WAY TO GO KEITH AND JET!!!!! YEEHAW!!!!
For you folks that don't know Keith, he is a class act and has a super nice wife and darling little girl. 
Becky (self appointed member of the Keith Farmer fan club)


----------



## Guest (May 1, 2005)

*Re: Atlanta*



Becky Mills said:


> Kristie,
> How many of your guys ended up in the ribbons? Team Water Dog was doing GREAT yesterday.
> Take Care,
> Becky


Reserve Jam and 2 Jams. not too bad when we've been doing mainly hunt test stuff for the last 18 mos. They put in a really great effort and hung in there with me. Hope you had a great time today and that your truck is feeling better!!  Did they ever unravel the disappearing cookie mystery??

-Kristie


----------



## Guest (May 1, 2005)

*Re: Atlanta*



Becky Mills said:


> WAY TO GO KEITH AND JET!!!!! YEEHAW!!!!
> For you folks that don't know Keith, he is a class act and has a super nice wife and darling little girl.
> Becky (self appointed member of the Keith Farmer fan club)
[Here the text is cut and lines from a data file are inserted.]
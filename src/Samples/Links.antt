-- ===== src/Samples/Links.antt =====
-- A chain of three nodes at version 4 whose link behind the head is broken.
use artillery.Base.{ℕ, ◌<◌, ◌≡◌, refl, ◌∷◌, arith}
use artillery.Base.Int.{ℤ, pos, ◌≤ℤ◌}
use artillery.Base.Dict.{lookup}
use artillery.Craq.Server.{CraqProtoServer, failed}
use artillery.Craq.Server.Writes.{handle_write}
use artillery.Craq.Replication.{Downstream, hops}
use artillery.Craq.Replication.Node.{Holds}
use artillery.Craq.Replication.Broken.{broken}
use artillery.Craq.Register.Partial.{PartlyRead, failed_write-PartlyRead}
use artillery.Samples.Chains.{object_of, node_at, node_at-InSync, behind}

node_at-Holds : (i : ℕ) → Holds (pos 4) (object_of 7) (node_at i)
unfolding lookup
node_at-Holds i = refl

failed_write-PartlyRead_example :
    (head' : CraqProtoServer) × (rest' : Downstream) × (handle_write
        (hops 0)
        (object_of 9)
        (node_at 0)
        behind
      ≡ failed head' rest' broken)
    × ((j m : ℕ) (bound : ℤ)
        → j < 3
        → pos 0 ≤ℤ bound
        → PartlyRead 1 j m bound (object_of 7) (object_of 9) (head' ∷ rest'))
failed_write-PartlyRead_example =
    failed_write-PartlyRead 3 0 (pos 4) (object_of 7) (object_of 9) (node_at 0) behind (omega arith)
      (omega arith)
      (
        (node_at-InSync 0, (refl, refl), node_at-Holds 0, omega arith),
        ((node_at-InSync 1, (node_at-InSync 2, refl)), (node_at-Holds 1, (node_at-Holds 2, tt))),
      )
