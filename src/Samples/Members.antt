-- ===== src/Samples/Members.antt =====
-- The theorems on members and member lists, on the cluster of three nodes.
use mathlib.Core.List.{Permᴰ}
use artillery.Base.{
  none, true, any, ◌==◌, ◌&&◌, ◌||◌, ltb, if◌then◌else◌, ◌≡◌, ◌+◌, refl, List, [], ◌∷◌, some, All,
  arith,
}
use artillery.Member.{
  AddDate, ArtilleryMember, suspect, down, alive, left, same_state, current, seconds, reincarnate,
  most_uptodate_member_data,
}
use artillery.Member.Priority.{priority, most_uptodate_member_data_lem}
use artillery.Membership.{
  ArtilleryMemberList, time_out_nodes, remote_members, leave, find_myself, new, to_map,
}
use artillery.Membership.WellFormed.{IsWellFormed, leave_total}
use artillery.Base.Dict.{lookup, insert, nat_eq}
use artillery.Membership.Changes.Farewell.{apply_state_changes-leave}
use artillery.Membership.Changes.Stale.{apply_loop-alive}
use artillery.Membership.Changes.{Applying, values, apply_loop, Applied, apply_state_changes}
use artillery.Membership.Changes.NoPanic.{apply_state_changes_total}
use artillery.Membership.Changes.Myself.{OnlyMe, refutation_not_kept}
use artillery.Membership.Timeouts.{Zip, Ages, All-IsDatable, time_out_nodes-Ages}
use artillery.Membership.Rotation.{pings, rotated, round_pings_all}
use artillery.Samples.Clusters.{
  report, second, member_of, me, cluster, cluster-IsWellFormed, in_order, in_order-IsPlatform,
  accusation, news,
}

abbrev gone : ArtilleryMember
gone = member_of 3 (some 30) 7 down

abbrev back : ArtilleryMember
back = member_of 3 (some 30) 9 alive

most_uptodate_member_data_lem_example : most_uptodate_member_data gone back ≡ (
    if ltb (priority back) (priority gone) || same_state gone.member_state left then gone else back)
most_uptodate_member_data_lem_example =
    most_uptodate_member_data_lem gone back (omega arith) (omega arith)

leave_total_example :
    (m : ArtilleryMember) × (l' : ArtilleryMemberList) × (leave 5 cluster ≡ some (m, l'))
    × IsWellFormed 1 l'.members
leave_total_example = leave_total 5 1 cluster cluster-IsWellFormed

apply_state_changes_total_example :
    (r : Applied) × (apply_state_changes in_order news 20 cluster ≡ some r)
    × IsWellFormed 1 r.list.members
apply_state_changes_total_example =
    apply_state_changes_total 1 in_order news 20 cluster in_order-IsPlatform cluster-IsWellFormed

cluster-OnlyMe : All (OnlyMe me) cluster.members
cluster-OnlyMe = (λ e. absurd (cc e), (λ e. refl, (λ e. absurd (cc e), tt)))

refutation_not_kept_example :
    (r : Applied) × (apply_state_changes in_order (accusation ∷ []) 20 cluster ≡ some r)
    × (r.changed_nodes ≡ reincarnate me ∷ [])
    × (find_myself r.list.members ≡ some me)
refutation_not_kept_example =
    refutation_not_kept 1 me in_order accusation 20 cluster in_order-IsPlatform cluster-IsWellFormed
      cluster-OnlyMe refl refl

abbrev dates : AddDate
dates = λ d n. some (d + n)

time_out_nodes-Ages_example :
    (suspects : List ArtilleryMember) × (downs : List ArtilleryMember) × (l' : ArtilleryMemberList)
    × (time_out_nodes dates (seconds 4) (20 ∷ 30 ∷ []) cluster ≡ some ((suspects, downs), l'))
    × Zip (Ages (seconds 4) (20 ∷ 30 ∷ [])) cluster.members l'.members
    × All (λ m. m.member_state ≡ suspect) suspects
    × All (λ m. m.member_state ≡ down) downs
time_out_nodes-Ages_example =
    time_out_nodes-Ages dates (seconds 4) (20 ∷ 30 ∷ []) cluster
      (All-IsDatable dates cluster.members (λ d. refl))

round_pings_all_example :
    (ms : List ArtilleryMember) × (l' : ArtilleryMemberList) × (pings
        (in_order ∷ in_order ∷ [])
        cluster
      ≡ some (ms, l'))
    × (ms ≡ rotated (remote_members (in_order.shuffle_members cluster.members)))
    × Permᴰ ms (remote_members cluster.members)
    × (l'.periodic_index ≡ 0)
round_pings_all_example =
    round_pings_all in_order (in_order ∷ []) cluster in_order-IsPlatform refl refl

abbrev applying : Applying
applying = record {
  current_members = (2, second) ∷ [];
  own = cluster;
  new_nodes = [];
  changed_nodes = [];
}

applying-second : lookup 2 applying.current_members ≡ some second
unfolding lookup
applying-second = refl

apply_loop-alive_example :
    apply_loop 1 20
      (report (member_of 2 none 9 alive) ∷ report (member_of 2 none 3 suspect) ∷ [])
      applying
    ≡ apply_loop 1 20 (report (member_of 2 none 3 suspect) ∷ []) applying
apply_loop-alive_example =
    apply_loop-alive 1 20 (report (member_of 2 none 9 alive))
      (report (member_of 2 none 3 suspect) ∷ []) second applying refl applying-second refl refl refl

abbrev leaver : ArtilleryMemberList
leaver = new (current 0 2)

leaver-IsWellFormed : IsWellFormed 2 leaver.members
leaver-IsWellFormed = record { agree = (refl, tt); present = refl }

second-known : lookup 2 (to_map cluster) ≡ some second
unfolding to_map lookup
second-known = refl

apply_state_changes-leave_example :
    (m : ArtilleryMember) × (own' : ArtilleryMemberList) × (r : Applied) × (n : ArtilleryMember)
    × (leave 5 leaver ≡ some (m, own'))
    × (apply_state_changes in_order (record { member = m } ∷ []) 20 cluster ≡ some r)
    × (r.new_nodes ≡ [])
    × (r.changed_nodes ≡ n ∷ [])
    × (n.host_key ≡ 2)
    × (n.member_state ≡ left)
    × (n.remote_host ≡ second.remote_host)
    × Permᴰ (values (insert 2 n (to_map cluster))) r.list.members
    × (any (λ x. (x.host_key == 2) && same_state left x.member_state) r.list.members ≡ true)
apply_state_changes-leave_example =
    apply_state_changes-leave 5 2 1 leaver cluster in_order 20 second in_order-IsPlatform
      leaver-IsWellFormed cluster-IsWellFormed (λ e. omega (arith, e)) second-known refl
Jet looked GREAT. That was a well-deserved win. Congrats to Keith.

-Kristie


----------



## Becky Mills (Jun 6, 2004)

*Atlanta*

Not bad? Kristie, that is great! Like you said, you've been concentrating on hunt tests but then you show up and collect three ribbons at a field trial! GOOD FOR YOU!!!
Take Care,
Becky


----------



## Michelle Eason (Sep 11, 2003)

Congrats Keith & Jet!!


----------



## tjw_128 (Jul 26, 2003)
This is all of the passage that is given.